Boonville, about the center of the township, is the oldest village in it. It consists of two hotels, two stores, two blacksmith shops, a post office, a drug store, and eight or ten residences, a church and school house and a barber shop. There used to be two saloons, but the school district voted dry some years ago and they are things of the past.

Philo, nine miles down the valley, is a small hamlet of two stores, a blacksmith shop, Methodist Episcopal church, school house, post office, and two or three residences, near enough to be included in the town. Here the four horse stages from Cloverdale are split into two, one proceeding to Greenwood on the coast, the other five miles down the valley to Navarro. 

Navarro is essentially a mill town, and was unbroken forest until the lumber company pitched on it as a base of operations. The mill has recently changed hands and its product will eventually find its outlet by rail to Healdsburg, and on to San Francisco and east. The mill was erected in 1905, with a capacity of 60,000 board feet of lumber and 100,000 shingles. It was run by the Stearns Lumber Co. with profit even with the long haul and rehandling of its output. The town did contain two stores, one livery stable, three hotels with bars, two hotels without bars, one saloon, one blacksmith shop, one restaurant, one barber shop, one photo gallery, 45 residences and a post office, being the end of a mail route in that direction. The saloons have been discontinued on account of the election voting the district dry.

Many fine residences have been erected in Anderson Valley in the last ten years and much progress made in fruit culture. The climate is undoubtedly the finest in the county, and only three failures on account of frost have been known since its first settlement.

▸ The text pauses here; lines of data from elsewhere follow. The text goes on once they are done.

-- ===== src/Services/Tasks/Transitions.antt =====
-- What the transitions of a task do to the table.
use nightshift_opi.Prelude.{
  ℕ, suc, ◌+◌, ◌≤◌, ◌≡◌, ◌≢◌, refl, true, false, none, some, List, [], ◌∷◌, All, ◌==◌, arith,
  Bool-cases, ==_iff, inl, inr,
}
use mathlib.Core.Path.{subst}
use nightshift_opi.Services.Tasks.{
  Task, TaskState, TaskTable, state_eq, find, get, matches, update, transition, count_in,
}

unfoldable pub Distinct : List Task → Type 0
Distinct [] = Unit
Distinct (t ∷ rows) = All (λ (u : Task). u.id ≢ t.id) rows × Distinct rows

-- Ids are given out in order, and no two rows share one.
pub record IsValid (table : TaskTable) : Type 0 where
  pub distinct : Distinct table.rows
  pub below : All (λ (t : Task). t.id ≤ table.last_id) table.rows

abbrev pub moved : TaskState → ℕ → Task → Task
moved to_state now_ms t = record t { state = to_state; updated_at_ms = now_ms }

state_eq_iff : (a b : TaskState) → state_eq a b ≡ true → a ≡ b
unfolding state_eq
state_eq_iff a b h = ground arith

pub state_eq_refl : (a : TaskState) → state_eq a a ≡ true
unfolding state_eq
state_eq_refl a = ground arith

module _ (task_id : ℕ) (from_state to_state : TaskState) (now_ms : ℕ) where
  update_absent :
      (rows : List Task)
      → All (λ (u : Task). u.id ≢ task_id) rows
      → update task_id from_state to_state now_ms rows ≡ (0, rows)
  unfolding update
  update_absent [] a = refl
  update_absent (u ∷ rows) (other, a) = ground (arith, update_absent rows a)

  absent_behind :
      (u : Task) (rows : List Task)
      → (u.id == task_id) ≡ true
      → All (λ (v : Task). v.id ≢ u.id) rows
      → update task_id from_state to_state now_ms rows ≡ (0, rows)
  absent_behind u rows same others =
      update_absent rows
        (subst (λ (n : ℕ). All (λ (v : Task). v.id ≢ n) rows) ((==_iff u.id task_id).0 same) others)

  update_hit :
      (rows : List Task) (t : Task)
      → Distinct rows
      → find task_id rows ≡ some t
      → t.state ≡ from_state
      → ((update task_id from_state to_state now_ms rows).0 ≡ 1)
        × (find task_id (update task_id from_state to_state now_ms rows).1
            ≡ some (moved to_state now_ms t))
  unfolding update find Distinct
  update_hit [] t d h s = absurd (ground arith)
  update_hit (u ∷ rows) t (others, d) h s = elim (Bool-cases (u.id == task_id)) [
    | inl same ↦ ground (arith, absent_behind u rows same others, state_eq_refl from_state)
    | inr other ↦ ground (arith, update_hit rows t d (ground arith) s)
  ]

  update_miss :
      (rows : List Task)
      → Distinct rows
      → ((t : Task) → find task_id rows ≡ some t → state_eq t.state from_state ≡ false)
      → update task_id from_state to_state now_ms rows ≡ (0, rows)
  unfolding update find Distinct
  update_miss [] d m = refl
  update_miss (u ∷ rows) (others, d) m = elim (Bool-cases (u.id == task_id)) [
    | inl same ↦ ground (arith, absent_behind u rows same others, m u (ground arith))
    | inr other ↦ ground (arith, update_miss rows d (λ t h. m t (ground arith)))
  ]

  update_other :
      (rows : List Task) (other : ℕ)
      → other ≢ task_id
      → find other (update task_id from_state to_state now_ms rows).1 ≡ find other rows
  unfolding update find
  update_other [] other n = refl
  update_other (u ∷ rows) other n = ground (arith, update_other rows other n)

  update_count :
      (rows : List Task)
      → state_eq from_state to_state ≡ false
      → let (rowcount, rows') = update task_id from_state to_state now_ms rows in
        (count_in from_state rows ≡ rowcount + count_in from_state rows')
        × (count_in to_state rows' ≡ rowcount + count_in to_state rows)
  unfolding update count_in state_eq
  update_count [] n = (refl, refl)
  update_count (u ∷ rows) n = ground (arith, update_count rows n)

  update-All :
      {P : Task → Type 0} (rows : List Task)
      → ((t : Task) → P t → P (moved to_state now_ms t))
      → All P rows
      → All P (update task_id from_state to_state now_ms rows).1
  unfolding update
  update-All [] keep a = tt
  update-All (u ∷ rows) keep (h, a) = elim (Bool-cases (matches task_id from_state u)) [
    | inl hit ↦ rw hit (keep u h, update-All rows keep a)
    | inr miss ↦ rw miss (h, update-All rows keep a)
  ]

  update-Distinct :
      (rows : List Task)
      → Distinct rows
      → Distinct (update task_id from_state to_state now_ms rows).1
  unfolding update Distinct
  update-Distinct [] d = tt
  update-Distinct (u ∷ rows) (others, d) = elim (Bool-cases (matches task_id from_state u)) [
    | inl hit ↦ rw hit (update-All rows (λ t h. h) others, update-Distinct rows d)
    | inr miss ↦ rw miss (update-All rows (λ t h. h) others, update-Distinct rows d)
  ]

  -- In a valid table, a task that is in the state which a transition starts from is moved: it is
  -- returned and found with the new state and time, no other task changes, and the counts of the
  -- two states, which differ, shift by one.
  pub transition_moves :
      (table : TaskTable) (t : Task)
      → IsValid table
      → state_eq from_state to_state ≡ false
      → get task_id table ≡ some t
      → t.state ≡ from_state
      → let (result, table') = transition task_id from_state to_state now_ms table in
        (result ≡ some (moved to_state now_ms t))
        × (get task_id table' ≡ some (moved to_state now_ms t))
        × ((other : ℕ) → other ≢ task_id → get other table' ≡ get other table)
        × (count_in from_state table.rows ≡ suc (count_in from_state table'.rows))
        × (count_in to_state table'.rows ≡ suc (count_in to_state table.rows))
        × IsValid table'
  unfolding transition
  transition_moves table t v differ h s =
      let hit = update_hit table.rows t v.distinct h s in
      let counts = update_count table.rows differ in
      rw hit.0 (
        hit.1,
        hit.1,
        update_other table.rows,
        omega (arith, hit, counts),
        omega (arith, hit, counts),
        record {
          distinct = update-Distinct table.rows v.distinct;
          below = update-All table.rows (λ t h. h) v.below;
        },
      )

  -- In a valid table, a transition of an id that no task has, or whose task is in another state,
  -- returns `None` and changes nothing.
  pub transition_refused :
      (table : TaskTable)
      → IsValid table
      → ((t : Task) → get task_id table ≡ some t → state_eq t.state from_state ≡ false)
      → transition task_id from_state to_state now_ms table ≡ (none, table)
  unfolding transition
  transition_refused table v m = rw (update_miss table.rows v.distinct m) refl

module _ (task_id : ℕ) (from_state to_state : TaskState) (now_ms : ℕ) where
  update_none :
      (rows : List Task)
      → (update task_id from_state to_state now_ms rows).0 ≡ 0
      → update task_id from_state to_state now_ms rows ≡ (0, rows)
  unfolding update
  update_none [] h = refl
  update_none (u ∷ rows) h = elim (Bool-cases (matches task_id from_state u)) [
    | inl hit ↦ absurd (ground arith)
    | inr miss ↦ ground (arith, update_none rows (ground arith))
  ]

  update_unfound :
      (rows : List Task)
      → find task_id (update task_id from_state to_state now_ms rows).1 ≡ none
      → (update task_id from_state to_state now_ms rows).0 ≡ 0
  unfolding update find
  update_unfound [] h = refl
  update_unfound (u ∷ rows) h = elim (Bool-cases (u.id == task_id)) [
    | inl same ↦ absurd (ground arith)
    | inr other ↦ ground (arith, update_unfound rows (ground arith))
  ]

  -- A transition that returns `None` has changed nothing.
  pub transition-none :
      (table : TaskTable)
      → (transition task_id from_state to_state now_ms table).0 ≡ none
      → transition task_id from_state to_state now_ms table ≡ (none, table)
  unfolding transition
  transition-none table h =
      let zero : (update task_id from_state to_state now_ms table.rows).0 ≡ 0 =
        elim (Bool-cases ((update task_id from_state to_state now_ms table.rows).0 == 0)) [
          | inl z ↦ (==_iff _ _).0 z
          | inr some_row ↦ update_unfound table.rows (ground arith)
        ] in
      rw (update_none table.rows zero) refl

-- Any transition, done or refused, leaves a valid table valid.
pub transition-IsValid :
    (task_id : ℕ) (from_state to_state : TaskState) (now_ms : ℕ) (table : TaskTable)
    → IsValid table
    → IsValid (transition task_id from_state to_state now_ms table).1
unfolding transition
transition-IsValid task_id from_state to_state now_ms table v =
    let rows = (update task_id from_state to_state now_ms table.rows).1 in
    let after : IsValid (record table { rows = rows }) = record {
      distinct = update-Distinct task_id from_state to_state now_ms table.rows v.distinct;
      below = update-All task_id from_state to_state now_ms table.rows (λ t h. h) v.below;
    } in
    elim (Bool-cases ((update task_id from_state to_state now_ms table.rows).0 == 0)) [
      | inl zero ↦ rw zero after
      | inr more ↦ rw more after
    ]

The earthquake of 1906 did not seem to affect this section as much as the one experienced in 1898, which opened considerable gaps in the earth at the northern end of the valley but without much damage. In the past few years roads have been built connecting the valley with Hopland and Fish Rock, both starting from Yorkville. Several mineral excitements have had their rise and fall, but none of the discoveries have so far proved of present value.

There have been several lodges instituted in the valley, but at present all have lapsed. It has had its quota of fires. The hotel has been burned and rebuilt; Ruddick’s store burned in April, 1913; Johnson’s store at Philo burned September 18, 1913, and there have been several residences burned. In July, 1901, a threshing boiler exploded, killing two men.

There are several fruit dryers in the valley, J. D. Ball erecting the first in 1890, Studebaker about the same time and others have followed. There have been two or three small saw mills on Rancheria and Dry creek, but they have passed away. The road to Point Arena was improved from time to time until in 1890 it was made available for freighting to a limited extent.

A mail route formerly extended through the valley from Cloverdale to Navarro, sixty miles, but has been cut off at Wendling, while a cross mail has been established from Philo to Greenwood, twenty-one miles. On the through route in 1904 there were sixty-seven individual mail pouches used.

The timber has nearly all passed into the hands of mill owners or speculators. In 1909 Hickey & Standish bought 3500 acres west of Boonville, and sold 12,000 acres of their holdings to the Santa Fe. During 1913 much bark was hauled to Cloverdale by motor trucks; 8700 pounds at a load, two trips per day, making 120 miles travel. Much has also been shipped by way of Albion. For years previous it had been hauled by teams to Cloverdale and Ukiah.

Some notable deaths have occurred among the old settlers. Among them may be mentioned John Gossman, 88 years, November 20, 1898, who came to the valley in 1856; S. W. Knowles, September 25, 1911, 89 years of age, settled on Dry Creek, 1858-9; R. H. Rowles, ex-County Supervisor, November 9, 1911, 66 years, settled in 1858; W. L. Wallace, August 27, 1883, settled in 1857, and Mrs. John Conrad, who came to the valley in 1858. died July 12, 1914, at the age of 101 years.

The several school districts voted for a union high school, and a rough building was erected last year and is now in use.